Arnold has used a more old-fashioned aspect ratio for the film – 4:3 instead of the more standard 1.37:1. The effect is unexpectedly profound, because the smaller “box” look of it automatically adds a sense of confinement to the film, even as the screen is filled with sweeping shots of the English moors. Arnold, long concerned with visuals and space, has outdone herself with her Wuthering Heights. The film is, quite simply, visually stunning, focused on nature and movement, water and sky, the spaces that try to hold in both Cathy and Heathcliff. It is undeniably a work of great visual art.

Bronte’s novel is significantly more convoluted than most film adaptations let on – and while Cathy and Heathcliff and their love story form the central plot of the novel, there are more characters, more plots, and more time covered than most traditional adaptations offer. In this case, Arnold’s film spends too much time with the child versions of Cathy and Heathcliff – the book itself is pretty evenly split between childhood and adulthood, and while Arnold’s choice to focus on the younger counterparts (Shannon Beer and Solomon Glave) adds to the sense of the film being reflected back through memory, it’s a waste of the two very talented young thespians that Arnold picked for her adult versions.

Arnold infamously cast relative newcomer James Howson in the role of the adult Heathcliff, with Glave set to play his younger version, somewhat controversially assigning the role to actors who are black. While most film adaptations of the work have used white actors to play both Cathy and Heathcliff, Bronte’s novel identifies Heathcliff as a gypsy. It’s a compelling move by Arnold, and one that makes the distinctions between Cathy and Heathcliff feel even more pronounced. As the adult Cathy, Kaya Scodelario is gorgeous and contemptuous, just as her character should be.

But despite how gorgeous and lush and evocative Arnold’s visuals are, it is difficult to get fully emotionally invested in the film. Oddly enough, it is Arnold’s adherence to her source material that prohibits her from crafting a rewarding film that chronicles one of literature’s most tragic love affairs, because a true adaptation of Bronte’s novel can’t ignore the fact that Cathy and Heathcliff are wretched, horrible, unrelentingly selfish human beings. Few couples of their renown are as absolutely irredeemable as Cathy and Heathcliff. Even the passion of their love does not humanize them, as they use it as an excuse to damage absolutely everyone else around them (innocent or not).

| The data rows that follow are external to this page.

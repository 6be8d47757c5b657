-- ===== src/Daemon/Mempool/Cleanup/Lists.antt =====
-- The hashes that `clean_up` of xelis_daemon/src/core/mempool.rs keeps and deletes, by their places.
use blockchain_xelis.Prelude.{
  ℕ, zero, suc, ◌+◌, ◌<◌, ◌≡◌, ◌↔◌, ◌⊎◌, inl, inr, refl, sym, ap, List, [], ◌∷◌, some, arith,
  get_elem?, take, drop,
}
use mathlib.Core.Path.{subst}
use blockchain_xelis.Daemon.BlockDag.{Hash, collect_onto}
use blockchain_xelis.Daemon.BlockDag.Sets.{IsOneOf, IsOneOf-collect_onto}
use blockchain_xelis.Daemon.Mempool.{SortedTx, lookup}
use blockchain_xelis.Daemon.Mempool.Cleanup.{Retained}
use blockchain_xelis.Daemon.Mempool.Cleanup.Retain.{Counts, IsSplit}

pub Counts-intro :
    (txs : List (Hash × SortedTx)) (m : ℕ) (l : List Hash)
    → ((i : ℕ) (h : Hash)
        → get_elem? l i ≡ some h
        → (s : SortedTx) × (lookup txs h ≡ some s) × (s.tx.nonce ≡ m + i))
    → Counts txs m l
Counts-intro txs m [] at = tt
Counts-intro txs m (h ∷ l) at =
    let (s, known, n) = at 0 h refl in
    (
      (s, known, omega (arith, n)),
      Counts-intro txs (m + 1) l
          (λ i x e. let (t, found, k) = at (suc i) x e in (t, found, omega (arith, k))),
    )

pub get_elem?-drop : (k i : ℕ) (l : List Hash) → get_elem? (drop k l) i ≡ get_elem? l (k + i)
get_elem?-drop zero i l = ap (λ (n : ℕ). get_elem? l n) (omega arith)
get_elem?-drop (suc k) i [] = refl
get_elem?-drop (suc k) i (x ∷ l) =
    let e : suc k + i ≡ suc (k + i) = omega arith in rw (e) (get_elem?-drop k i l)

pub IsOneOf-take :
    (k : ℕ) (h : Hash) (l : List Hash)
    → IsOneOf h (take k l)
    → (i : ℕ) × (i < k) × (get_elem? l i ≡ some h)
IsOneOf-take zero h l m = absurd m
IsOneOf-take (suc k) h [] m = absurd m
IsOneOf-take (suc k) h (x ∷ l) (inl e) = (0, omega arith, ap some (sym e))
IsOneOf-take (suc k) h (x ∷ l) (inr m) =
    let (i, low, at) = IsOneOf-take k h l m in (suc i, omega (arith, low), at)

pub IsOneOf-split :
    (k : ℕ) (h : Hash) (l : List Hash) → IsOneOf h l → IsOneOf h (take k l) ⊎ IsOneOf h (drop k l)
IsOneOf-split zero h l m = inr m
IsOneOf-split (suc k) h [] m = absurd m
IsOneOf-split (suc k) h (x ∷ l) (inl e) = inl (inl e)
IsOneOf-split (suc k) h (x ∷ l) (inr m) = elim (IsOneOf-split k h l m) [
  | inl t ↦ inl (inr t)
  | inr d ↦ inr d
]

pub IsOneOf-take_in : (k : ℕ) (h : Hash) (l : List Hash) → IsOneOf h (take k l) → IsOneOf h l
IsOneOf-take_in zero h l m = absurd m
IsOneOf-take_in (suc k) h [] m = absurd m
IsOneOf-take_in (suc k) h (x ∷ l) (inl e) = inl e
IsOneOf-take_in (suc k) h (x ∷ l) (inr m) = inr (IsOneOf-take_in k h l m)

IsOneOf-drop_in : (k : ℕ) (h : Hash) (l : List Hash) → IsOneOf h (drop k l) → IsOneOf h l
IsOneOf-drop_in zero h l m = m
IsOneOf-drop_in (suc k) h [] m = absurd m
IsOneOf-drop_in (suc k) h (x ∷ l) m = inr (IsOneOf-drop_in k h l m)

-- The hashes to delete and those kept are those of the cache.
pub IsSplit-members :
    (nonce m k : ℕ) (l : List Hash) (r : Retained)
    → IsSplit nonce m k l r
    → (h : Hash) → IsOneOf h (collect_onto r.hashes r.kept) ↔ IsOneOf h l
IsSplit-members nonce m k l r split h =
    let both = IsOneOf-collect_onto h r.hashes r.kept in
    let keeps = split.keeps in
    let deletes = split.deletes in
    (
      (λ x. elim (both.0 x) [
        | inl d ↦ IsOneOf-take_in k h l (subst (λ (y : List Hash). IsOneOf h y) deletes d)
        | inr d ↦ IsOneOf-drop_in k h l (subst (λ (y : List Hash). IsOneOf h y) keeps d)
      ]),
      (λ x. both.1 (elim (IsOneOf-split k h l x) [
        | inl d ↦ inl (subst (λ (y : List Hash). IsOneOf h y) (sym deletes) d)
        | inr d ↦ inr (subst (λ (y : List Hash). IsOneOf h y) (sym keeps) d)
      ])),
    )
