-- ===== src/Daemon/Mempool/Cleanup/Account.antt =====
-- One account in `clean_up` of xelis_daemon/src/core/mempool.rs.
use blockchain_xelis.Prelude.{
  ℕ, ◌+◌, ◌-◌, ◌≤◌, ◌<◌, ◌≡◌, ◌⊎◌, inl, inr, refl, sym, ◌∙◌, ap, false, not, ◌||◌, List, [], ◌∷◌,
  Option, none, some, ltb, arith, length, length-drop, get_elem?, Bool-cases, Option-cases, Result,
  Result-cases, ok,
}
use mathlib.Core.Path.{subst}
use blockchain_xelis.Daemon.BlockDag.{Hash, collect_onto}
use blockchain_xelis.Daemon.BlockDag.Sets.{IsOneOf}
use blockchain_xelis.Daemon.Mempool.{PublicKey, SortedTx, AccountCache, lookup, is_empty}
use blockchain_xelis.Daemon.Mempool.Pool.{IsSpan, IsOneOf-index}
use blockchain_xelis.Daemon.Mempool.Cleanup.{
  Retained, delete_txs, retain_loop, all_found, with_bounds, reverify, clean_account,
}
use blockchain_xelis.Daemon.Mempool.Cleanup.Retain.{
  delete_txs-other, delete_txs-gone, IsSplit, retain_loop-IsSplit,
}
use blockchain_xelis.Daemon.Mempool.Cleanup.Lists.{
  Counts-intro, get_elem?-drop, IsOneOf-take, IsOneOf-split, IsOneOf-take_in, IsSplit-members,
}

module _ {B M E : Type 0}
    (verify_batch : List (Hash × SortedTx) → List Hash → Result E (Option (B × Option M))) where
  record IsReverified (before after : AccountCache B M) : Type 0 where
    same_txs : after.txs ≡ before.txs
    same_min : after.min ≡ before.min
    same_max : after.max ≡ before.max
    filled : 0 < length before.txs

  is_empty_lem : (l : List Hash) → is_empty l ≡ false → 0 < length l
  is_empty_lem [] e = absurd (ground (arith, e))
  is_empty_lem (x ∷ l) e = omega arith

  -- What is verified again keeps its transactions and its bounds.
  reverify-cases :
      (txs : List (Hash × SortedTx)) (cache : AccountCache B M) (hashes : List Hash)
      → (reverify verify_batch txs cache hashes ≡ none)
        ⊎ ((after : AccountCache B M) × (reverify verify_batch txs cache hashes ≡ some after)
            × IsReverified cache after)
  unfolding reverify
  reverify-cases txs cache hashes =
      elim (Bool-cases (is_empty cache.txs || not (all_found txs cache.txs))) [
        | inl bad ↦ inl (rw (reverify, bad) refl)
        | inr good ↦
            let filled = is_empty_lem cache.txs (ground (arith, good)) in
            let same : IsReverified cache cache = record {
              same_txs = refl;
              same_min = refl;
              same_max = refl;
              filled = filled;
            } in
            elim (Bool-cases (is_empty hashes)) [
              | inl nothing ↦ inr (cache, rw (reverify, good, nothing) refl, same)
              | inr some_gone ↦ elim (Result-cases (verify_batch txs cache.txs)) [
                | inr (e, failed) ↦ inl (rw (reverify, good, some_gone, failed) refl)
                | inl (result, passed) ↦ elim (Option-cases result) [
                  | inl none_left ↦
                      inr (cache, rw (reverify, good, some_gone, passed, none_left) refl, same)
                  | inr ((balances, multisig), found) ↦ inr (
                    record cache { balances = balances; multisig = multisig },
                    rw (reverify, good, some_gone, passed, found) refl,
                    record { same_txs = refl; same_min = refl; same_max = refl; filled = filled },
                  )
                ]
              ]
            ]
      ]

  -- What becomes of an account whose last nonce is `nonce`: all its transactions are gone, or those from that nonce on are kept.
  abbrev pub IsCleaned :
      List (Hash × SortedTx)
      → List (Hash × SortedTx)
      → PublicKey
      → AccountCache B M
      → ℕ
      → Option (AccountCache B M)
      → Type 0
  IsCleaned txs left key cache nonce kept =
      ((h : Hash) → ¬ IsOneOf h cache.txs → lookup left h ≡ lookup txs h)
      × (((kept ≡ none) × ((h : Hash) → IsOneOf h cache.txs → lookup left h ≡ none))
          ⊎ ((after : AccountCache B M) × (kept ≡ some after)
              × IsSpan left key after
              × (after.min ≡ nonce)
              × (after.max ≡ cache.max)
              × ((h : Hash) (s : SortedTx)
                  → IsOneOf h cache.txs
                  → lookup left h ≡ some s
                  → nonce ≤ s.tx.nonce)))

  with_bounds-txs :
      (cache : AccountCache B M) (r : Retained) → (with_bounds verify_batch cache r).txs ≡ r.kept
  with_bounds-txs cache r = elim (Option-cases r.bounds) [
    | inl e ↦ rw (e) refl
    | inr (bounds, e) ↦ rw (e) refl
  ]

  -- A transaction that is kept has a nonce from the last one on, and is not deleted.
  kept-lookup :
      (txs : List (Hash × SortedTx)) (key : PublicKey) (cache : AccountCache B M) (nonce : ℕ)
      (deleted : List (Hash × SortedTx)) (r : Retained)
      → IsSpan txs key cache
      → ltb nonce cache.min ≡ false
      → IsSplit nonce cache.min (nonce - cache.min) cache.txs r
      → (i : ℕ) (h : Hash) → get_elem? r.kept i ≡ some h
      → (s : SortedTx) × (lookup (delete_txs txs r.hashes deleted).0 h ≡ some s)
        × (s.tx.source ≡ key)
        × (s.tx.nonce ≡ nonce + i)
  kept-lookup txs key cache nonce deleted r span reached split i h at =
      let k = nonce - cache.min in
      let low : cache.min ≤ nonce = ground (arith, reached) in
      let at' = subst (λ (l : List Hash). get_elem? l i ≡ some h) split.keeps at in
      let (s, known, source, n) =
        span.nonces (k + i) h (sym (get_elem?-drop k i cache.txs) ∙ at') in
      let out : ¬ IsOneOf h r.hashes = (λ m.
        let (j, less, there) =
          IsOneOf-take k h cache.txs (subst (λ (l : List Hash). IsOneOf h l) split.deletes m) in
        let (t, other, from, q) = span.nonces j h there in
        let same : s ≡ t = ground (arith, known, other) in
        let e = ap (λ (x : SortedTx). x.tx.nonce) same in absurd (omega (arith, e, n, q, less))) in
      (s, delete_txs-other txs r.hashes deleted h out ∙ known, source, omega (arith, n, low))

  kept-IsCleaned :
      (txs : List (Hash × SortedTx)) (key : PublicKey) (cache after : AccountCache B M) (nonce : ℕ)
      (deleted : List (Hash × SortedTx)) (r : Retained)
      → IsSpan txs key cache
      → ltb nonce cache.min ≡ false
      → IsSplit nonce cache.min (nonce - cache.min) cache.txs r
      → IsReverified (with_bounds verify_batch cache r) after
      → IsCleaned txs (delete_txs txs r.hashes deleted).0 key cache nonce (some after)
  kept-IsCleaned txs key cache after nonce deleted r span reached split same =
      let k = nonce - cache.min in
      let low : cache.min ≤ nonce = ground (arith, reached) in
      let left = (delete_txs txs r.hashes deleted).0 in
      let held = with_bounds-txs cache r in
      let txs_after : after.txs ≡ r.kept = same.same_txs ∙ held in
      let filled : 0 < length r.kept = subst (λ (l : List Hash). 0 < length l) held same.filled in
      let bounds = split.range filled in
      let min_after : after.min ≡ nonce = same.same_min ∙ rw (bounds) refl in
      let max_after : after.max ≡ cache.min + length cache.txs - 1 =
        same.same_max ∙ rw (bounds) refl in
      let size = span.size in
      let count : length r.kept ≡ length cache.txs - k =
        ap (λ (l : List Hash). length l) split.keeps ∙ length-drop k cache.txs in
      let count_after : length after.txs ≡ length r.kept =
        ap (λ (l : List Hash). length l) txs_after in
      let max_same : after.max ≡ cache.max = omega (arith, max_after, size) in
      let nonces = kept-lookup txs key cache nonce deleted r span reached split in
      (
        (λ h m. delete_txs-other txs r.hashes deleted h (λ d. m (
            IsOneOf-take_in k h cache.txs
              (subst (λ (l : List Hash). IsOneOf h l) split.deletes d)))),
        inr (
          after,
          refl,
          record {
            size = omega (arith, max_same, size, min_after, count_after, count, filled, low);
            filled = omega (arith, count_after, filled);
            small = omega (arith, max_same, span.small);
            nonces = λ i h at.
                let (s, known, source, n) =
                  nonces i h (subst (λ (l : List Hash). get_elem? l i ≡ some h) txs_after at) in
                (s, known, source, omega (arith, n, min_after));
          },
          min_after,
          max_same,
          (λ h s m found. elim (IsOneOf-split k h cache.txs m) [
            | inl d ↦
                let gone =
                  delete_txs-gone txs r.hashes deleted h
                    (subst (λ (l : List Hash). IsOneOf h l) (sym split.deletes) d) in
                absurd (ground (arith, gone, found))
            | inr d ↦
                let (i, at) =
                  IsOneOf-index h r.kept
                    (subst (λ (l : List Hash). IsOneOf h l) (sym split.keeps) d) in
                let (t, known, source, n) = nonces i h at in
                let e : t ≡ s = ground (arith, known, found) in
                omega (arith, n, ap (λ (x : SortedTx). x.tx.nonce) e)
          ]),
        ),
      )

  -- An account whose cache fits its transactions is cleaned up whatever the verification answers: no transaction of another account is touched, and
  -- either all those of the account are deleted, or its cache still fits, begins at the last nonce of the account and ends
  -- where it ended, and no transaction with a lower nonce is left.
  pub clean_account-IsCleaned :
      (txs : List (Hash × SortedTx)) (key : PublicKey) (cache : AccountCache B M) (nonce : ℕ)
      (deleted : List (Hash × SortedTx))
      → IsSpan txs key cache
      → (kept : Option (AccountCache B M)) × (left : List (Hash × SortedTx)) × (gone : List
          (Hash × SortedTx))
        × (clean_account verify_batch txs cache (ok nonce) deleted ≡ (kept, left, gone))
        × IsCleaned txs left key cache nonce kept
  unfolding clean_account
  clean_account-IsCleaned txs key cache nonce deleted span =
      elim (Bool-cases (ltb nonce cache.min)) [
        | inl orphaned ↦
            let out = delete_txs txs cache.txs deleted in
            (
              none,
              out.0,
              out.1,
              rw (clean_account, orphaned) refl,
              (
                (λ h m. delete_txs-other txs cache.txs deleted h m),
                inl (refl, (λ h m. delete_txs-gone txs cache.txs deleted h m)),
              ),
            )
        | inr reached ↦
            let k = nonce - cache.min in
            let from : nonce ≡ cache.min + k = ground (arith, reached) in
            let counts =
              Counts-intro txs cache.min cache.txs
                (λ i h at. let (s, known, source, n) = span.nonces i h at in (s, known, n)) in
            let split = retain_loop-IsSplit txs nonce cache.min k cache.txs counts from in
            let r = retain_loop txs nonce cache.txs none in
            elim (reverify-cases txs (with_bounds verify_batch cache r) r.hashes) [
              | inl bad ↦
                  let all = collect_onto r.hashes r.kept in
                  let out = delete_txs txs all deleted in
                  let members = IsSplit-members nonce cache.min k cache.txs r split in
                  (
                    none,
                    out.0,
                    out.1,
                    rw (clean_account, reached, bad) refl,
                    (
                      (λ h m. delete_txs-other txs all deleted h (λ x. m ((members h).0 x))),
                      inl (refl, (λ h m. delete_txs-gone txs all deleted h ((members h).1 m))),
                    ),
                  )
              | inr (after, good, same) ↦
                  let out = delete_txs txs r.hashes deleted in
                  (
                    some after,
                    out.0,
                    out.1,
                    rw (clean_account, reached, good) refl,
                    kept-IsCleaned txs key cache after nonce deleted r span reached split same,
                  )
            ]
      ]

The Upside: Arnold’s Wuthering Heights is not only the most visually accomplished and powerful film she’s made yet, it’s one of the most visually accomplished and powerful films of the year. Layered with symbolism, processed through the unreliability of emotion and memory, it’s true visual art.

The Downside: A faithful adaptation of its source material means that Arnold is left with a film that centers on two awful people, and is tasked with making their passion feel sympathetic, but that never happens. Despite casting two interesting up-and-comers for the roles of adult Cathy and Heathcliff, the film spends too much time with their younger counterparts.

On the Side: Scodelario was a fan favorite for the role of Katniss Everdeen in The Hunger Games, a role the eventually went to Jennifer Lawrence.